What the task requires >> Using the records below, write out again exactly the lines that begin at the line containing "strict_start false current = none" and end at the line containing "start_at files now rid a active slot ledger (some", and no other lines.

Input >>

--- START ---

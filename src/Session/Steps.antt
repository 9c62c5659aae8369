-- ===== src/Session/Steps.antt =====
-- harness/session_state.py, _apply_step_transition: the steps of a run and their receipts.
use dc_ness.Base.{
  ℕ, Text, codes, text_eq, Bool, true, false, not, ◌&&◌, ◌||◌, Option, none, some, List, [], ◌∷◌,
  if◌then◌else◌, ◌==◌, is_empty, length, mem,
}
use dc_ness.Base.Dict.{put}
use dc_ness.Session.Names.{canonical_agent}
use dc_ness.Session.Records.{
  Slot, Step, Event, EventType, new_event, Ledger, Result, ok, err, ◌>>=◌, ◌>>◌, guard, Files,
  truthy, present, agent_empty, identity_mismatch, step_missing,
}
use dc_ness.Session.Runs.{
  Runs, Outcome, Effect, unchanged, writes, active_slot, read_events, read_step_completed,
  is_step_completed,
}

pub record StepArgs : Type 0 where
  pub agent : Text
  pub mode : Option Text
  pub tool_use_id : Option Text
  pub agent_id : Option Text
  pub lifecycle_owner : Option Text
  pub candidate_head : Option Text
  pub candidate_tree : Option Text
  pub candidate_root : Option Text
  pub chain_state : Option Text
  pub strict_identity : Bool
  pub category : Option Text
  pub provider : Option Text
  pub enum : Text
  pub prose : Text
  pub prose_path : Text

-- Equality of two optional texts.
abbrev pub same_text : Option Text → Option Text → Bool
same_text none none = true
same_text (some a) (some b) = a == b
same_text _ _ = false

-- A given value must be the current one.
abbrev pub agrees : (given current : Option Text) → Bool
agrees given current = not (truthy given) || same_text current given

abbrev same_call : StepArgs → Step → Bool
same_call a current = current.agent == a.agent && same_text current.mode a.mode

-- No `identity_mismatch`
unfoldable pub matches : StepArgs → Step → Bool
matches a current =
    same_call a current
    && (agrees a.tool_use_id current.tool_use_id && agrees a.agent_id current.agent_id)

abbrev new_step : StepArgs → ℕ → ℕ → Step
new_step a now steps = record {
  agent = a.agent;
  mode = a.mode;
  started_at = now;
  steps_count_at_begin = steps;
  tool_use_id = present a.tool_use_id;
  agent_id = present a.agent_id;
  lifecycle_owner = present a.lifecycle_owner;
  candidate_head = present a.candidate_head;
  candidate_tree = present a.candidate_tree;
  candidate_root = present a.candidate_root;
  chain_state = present a.chain_state;
  prose_file = none;
}

-- The owner and the chain's state are left out of the record.
abbrev started_event : StepArgs → ℕ → Event
started_event a now = record (new_event EventType.step_started now) {
  agent = some a.agent;
  mode = a.mode;
  tool_use_id = present a.tool_use_id;
  agent_id = present a.agent_id;
  candidate_head = present a.candidate_head;
  candidate_tree = present a.candidate_tree;
  candidate_root = present a.candidate_root;
}

abbrev open_step : Files → ℕ → Text → StepArgs → Runs → Slot → Ledger → Result Effect
open_step files now rid a active slot ledger = do
  steps ← read_step_completed files ledger
  let written = record slot {
    current_step = some (new_step a now (length steps));
    last_confirmed_at = now;
  }
  ok (writes rid written active Outcome.nothing (started_event a now ∷ []))

abbrev strict_start : Bool → Option Step → Option Step
strict_start true current = current
strict_start false current = none

abbrev pub start_at :
    Files → ℕ → Text → StepArgs → Runs → Slot → Ledger → Option Step → Result Effect
start_at files now rid a active slot ledger none = open_step files now rid a active slot ledger
start_at files now rid a active slot ledger (some current) =
    if matches a current then ok (unchanged (Outcome.step current)) else err identity_mismatch

-- `step_started`
unfoldable pub start_step : Files → ℕ → Text → StepArgs → Runs → Slot → Ledger → Result Effect
unfolding matches read_step_completed put
start_step files now rid a active slot ledger =
    start_at files now rid a active slot ledger (strict_start a.strict_identity slot.current_step)

abbrev aborted_event : StepArgs → ℕ → Event
aborted_event a now = record (new_event EventType.step_aborted now) {
  agent = some a.agent;
  mode = a.mode;
  tool_use_id = a.tool_use_id;
  agent_id = a.agent_id;
  category = a.category;
}

abbrev pub abort_at : ℕ → Text → StepArgs → Runs → Slot → Option Step → Result Effect
abort_at now rid a active slot none =
    if a.strict_identity then err step_missing else ok (unchanged Outcome.nothing)
abort_at now rid a active slot (some current) =
    if matches a current
    then (let written = record slot { current_step = none; last_confirmed_at = now } in
        ok (
          writes rid written active (Outcome.recorded (aborted_event a now))
            (aborted_event a now ∷ [])))
    else if a.strict_identity
    then err identity_mismatch
    else ok (unchanged Outcome.nothing)

-- `step_aborted`
unfoldable pub abort_step : ℕ → Text → StepArgs → Runs → Slot → Result Effect
unfolding matches put
abort_step now rid a active slot = abort_at now rid a active slot slot.current_step

abbrev pub completion_here : Option Text → Event → Option Event
completion_here tool_use_id e =
    if is_step_completed e.event && same_text e.tool_use_id tool_use_id then some e else none

-- The later one of two, where it is there.
abbrev pub or_before : Option Event → Option Event → Option Event
or_before none before = before
or_before (some e) before = some e

-- The newest completion of that call.
unfoldable pub find_completed : Option Text → List Event → Option Event
find_completed tool_use_id [] = none
find_completed tool_use_id (e ∷ es) =
    or_before (find_completed tool_use_id es) (completion_here tool_use_id e)

abbrev pub earlier_completion : Files → StepArgs → Ledger → Result (Option Event)
earlier_completion files a ledger =
    if a.strict_identity && truthy a.tool_use_id
    then (do es ← read_events files ledger; ok (find_completed a.tool_use_id es))
    else ok none

abbrev pub checked_identity : StepArgs → Option Step → Result (Unit {0})
checked_identity a none = guard (not a.strict_identity) step_missing
checked_identity a (some current) =
    guard (not (a.strict_identity && not (matches a current))) identity_mismatch

abbrev candidate_of : (Step → Option Text) → Option Step → Option Text
candidate_of field none = none
candidate_of field (some current) = present (field current)

-- `ledger.build_receipt`, with the candidate of the current step.
abbrev pub receipt : Files → ℕ → StepArgs → Option Step → Event
receipt files now a current = record (new_event EventType.step_completed now) {
  agent = some a.agent;
  mode = a.mode;
  enum = some a.enum;
  prose_file = some a.prose_path;
  sha256 = some (files.sha256 a.prose);
  provider = present a.provider;
  tool_use_id = present a.tool_use_id;
  agent_id = present a.agent_id;
  candidate_head = candidate_of (λ s. s.candidate_head) current;
  candidate_tree = candidate_of (λ s. s.candidate_tree) current;
  candidate_root = candidate_of (λ s. s.candidate_root) current;
}

abbrev headless_providers : List Text
headless_providers = codes "codex-headless" ∷ codes "claude-headless" ∷ []

abbrev is_headless : Option Text → Bool
is_headless none = false
is_headless (some provider) = mem provider headless_providers

abbrev pub is_validation_block : Files → StepArgs → Bool
is_validation_block files a =
    a.agent == codes "build-worker"
    && (is_headless a.provider && files.conclusion a.prose == codes "VALIDATION_BLOCKED")

abbrev pub validation_event : ℕ → StepArgs → Event
validation_event now a = record (new_event EventType.blocked now) {
  agent = some a.agent;
  mode = a.mode;
  provider = a.provider;
  category = some (codes "headless_validation_blocked");
  prose_file = some a.prose_path;
}

-- `_record_headless_validation_block`
unfoldable pub validation_block : Files → ℕ → StepArgs → List Event
unfolding mem
validation_block files now a =
    if is_validation_block files a then validation_event now a ∷ [] else []

abbrev pub is_current : StepArgs → Option Step → Bool
is_current a none = false
is_current a (some current) = same_call a current

-- The current step is taken away where it is the one that is completed.
abbrev pub ended_step : Bool → ℕ → Text → Runs → Slot → Option Runs
ended_step true now rid active slot =
    some (put rid (some (record slot { current_step = none; last_confirmed_at = now })) active)
ended_step false now rid active slot = none

abbrev pub record_step : Files → ℕ → Text → StepArgs → Runs → Slot → Effect
record_step files now rid a active slot =
    let e = receipt files now a slot.current_step in
    record {
      outcome = Outcome.recorded e;
      active = ended_step (is_current a slot.current_step) now rid active slot;
      appended = e ∷ validation_block files now a;
    }

abbrev pub complete_with : Files → ℕ → Text → StepArgs → Runs → Slot → Option Event → Result Effect
complete_with files now rid a active slot (some e) = ok (unchanged (Outcome.recorded e))
complete_with files now rid a active slot none = do
  checked_identity a slot.current_step
  ok (record_step files now rid a active slot)

-- `step_completed`
unfoldable pub complete_step : Files → ℕ → Text → StepArgs → Runs → Slot → Ledger → Result Effect
unfolding read_events find_completed validation_block matches put
complete_step files now rid a active slot ledger = do
  earlier ← earlier_completion files a ledger
  complete_with files now rid a active slot earlier

pub data StepAction : Type 0 where
  step_start step_abort step_complete : StepArgs → StepAction

-- The agent's name without the plugin's prefix.
abbrev pub normalized : StepArgs → StepArgs
normalized a = record a { agent = canonical_agent a.agent }

abbrev pub step_args : StepAction → StepArgs
step_args (step_start a) = a
step_args (step_abort a) = a
step_args (step_complete a) = a

abbrev pub on_slot : Files → ℕ → Text → StepAction → Runs → Slot → Ledger → Result Effect
on_slot files now rid (step_start a) active slot ledger =
    start_step files now rid (normalized a) active slot ledger
on_slot files now rid (step_abort a) active slot ledger =
    abort_step now rid (normalized a) active slot
on_slot files now rid (step_complete a) active slot ledger =
    complete_step files now rid (normalized a) active slot ledger

unfoldable pub apply_step_transition : Files → ℕ → Text → StepAction → Runs → Ledger → Result Effect
unfolding active_slot start_step abort_step complete_step canonical_agent
apply_step_transition files now rid action active ledger = do
  slot ← active_slot active rid
  guard (not (is_empty (step_args action).agent)) agent_empty
  on_slot files now rid action active slot ledger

--- END ---

Problem solution >>
strict_start false current = none

abbrev pub start_at :
    Files → ℕ → Text → StepArgs → Runs → Slot → Ledger → Option Step → Result Effect
start_at files now rid a active slot ledger none = open_step files now rid a active slot ledger
start_at files now rid a active slot ledger (some current) =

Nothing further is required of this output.